Stored entries ->
>>>>>
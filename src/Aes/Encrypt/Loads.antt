-- ===== src/Aes/Encrypt/Loads.antt =====
-- Laws of `load_bytes`: bytes that are read back from memory.
use rd_rand.Prelude.{ℕ, zero, suc, ◌+◌, ◌≡◌, refl, ap, ◌∙◌, arith, List, [], ◌∷◌, length}
use rd_rand.Memory.{Mem, store_byte, store_bytes}
use rd_rand.Memory.Store.{store_bytes_outside}
use rd_rand.Aes.Encrypt.{load_bytes}

pub length-load_bytes : (m : Mem) (a n : ℕ) → length (load_bytes m a n) ≡ n
unfolding load_bytes
length-load_bytes m a zero = refl
length-load_bytes m a (suc n) = ap suc (length-load_bytes m (a + 1) n)

pub load_bytes-stored :
    (m : Mem) (a : ℕ) (bs : List ℕ) → load_bytes (store_bytes m a bs) a (length bs) ≡ bs
unfolding load_bytes store_bytes store_byte
load_bytes-stored m a [] = refl
load_bytes-stored m a (b ∷ bs) = λ i. first i ∷ load_bytes-stored (store_byte m a b) (a + 1) bs i
  where
    first : store_bytes (store_byte m a b) (a + 1) bs a ≡ b
    first = store_bytes_outside (store_byte m a b) (a + 1) bs a (omega arith) ∙ ground arith
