-- ===== src/Link/Server.antt =====
-- link/server.go: the server's state, its publications and its revocation. Each reading
-- of the clock and each disk fault is an argument. What the embedding host supplies is in Host.
pub mod Display
pub mod Pairing
pub mod Session
pub mod Revocation
use rook_host.Base.{ℕ, Option, none, some, Bool, List, [], ◌∷◌}
use rook_host.Base.Bytes.{Bytes}
use rook_host.Base.Time.{Time}
use rook_host.Base.Result.{Result, ok, err}
use rook_host.Crypto.{Crypto}
use rook_host.Identity.Ids.{host_id_for}
use rook_host.Projection.Status.{Status}
use rook_host.Projection.Pane.{PaneFrame}
use rook_host.Projection.Digest.{Digest}
use rook_host.Projection.Command.{Answer, Command}
use rook_host.Registry
use rook_host.Registry.{Registry}
use rook_host.Registry.Storage.{JsonCodec, RegistryError}
use rook_host.Base.Disk.{Fault}
use rook_host.Pairing.Window.{Manager}
use rook_host.Link.Convert.Enums.{Disposition}
use rook_host.Link.Tokens
use rook_host.Link.Tokens.{Tokens}
use rook_host.Link.Nonces.{Nonces}
use rook_host.Link.Hub
use rook_host.Link.Hub.{Hub}
use rook_host.Link.PaneHub
use rook_host.Link.PaneHub.{PaneHub}

-- executor.go: the two verbs, as calls, and the executor's report.
pub data Effect : Type 0 where
  answer : Answer → Effect
  execute : Command → Effect

pub record Outcome : Type 0 where
  pub disposition : Disposition
  pub note : Bytes

-- Options, with the clock and the random source left to each call. The executor may depend on what
-- it was asked before.
pub record Host : Type 0 where
  pub public_key : Bytes
  pub trust_domain_id : Bytes
  pub host_name : Bytes
  pub has_panes : Bool
  pub exec : List Effect → Effect → Outcome
  pub digests : Option (Bytes → Option Digest)

pub record Server : Type 0 where
  pub reg : Registry
  pub pairs : Manager
  pub hub : Hub
  pub panes : PaneHub
  pub tokens : Tokens
  pub nonces : Nonces
  -- The calls made to the executor, newest first.
  pub effects : List Effect

-- Sessions and streams of a device end: shared by RevokeDevice and Pair.
unfoldable pub drop_sessions : Server → Bytes → Server
drop_sessions s device_id = record s {
  tokens = Tokens.drop_device s.tokens device_id;
  hub = Hub.drop_device s.hub device_id;
  panes = PaneHub.drop_device s.panes device_id;
}

module _ (crypto : Crypto) (json : JsonCodec) (host : Host) where
  -- s.id.HostID()
  abbrev pub host_id : Bytes
  host_id = host_id_for crypto host.public_key

  -- Publish stamps the host's identity.
  unfoldable pub publish_status : Server → Status → Time → Server
  publish_status s status now = record s {
    hub = Hub.publish s.hub (record status { host_id = host_id }) now;
  }

  -- PublishPane
  unfoldable pub publish_pane : Server → Bytes → PaneFrame → Server
  publish_pane s session_id f = record s { panes = PaneHub.publish s.panes session_id f }

  -- RevokeDevice
  unfoldable pub revoke_device :
      Server → Bytes → Time → Fault → Result RegistryError (Unit {0}) × Server
  unfolding drop_sessions
  revoke_device s device_id now fault =
      let (result, reg') = Registry.revoke json s.reg device_id now fault in
      elim result [
        | err e ↦ (err e, record s { reg = reg' })
        | ok _ ↦ (ok tt, drop_sessions (record s { reg = reg' }) device_id)
      ]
<<<<<
Problem requirements ->
From the data, collect all lines where the string "length" appears.

Finished exercise ->
use rd_rand.Prelude.{ℕ, zero, suc, ◌+◌, ◌≡◌, refl, ap, ◌∙◌, arith, List, [], ◌∷◌, length}
pub length-load_bytes : (m : Mem) (a n : ℕ) → length (load_bytes m a n) ≡ n
length-load_bytes m a zero = refl
length-load_bytes m a (suc n) = ap suc (length-load_bytes m (a + 1) n)
    (m : Mem) (a : ℕ) (bs : List ℕ) → load_bytes (store_bytes m a bs) a (length bs) ≡ bs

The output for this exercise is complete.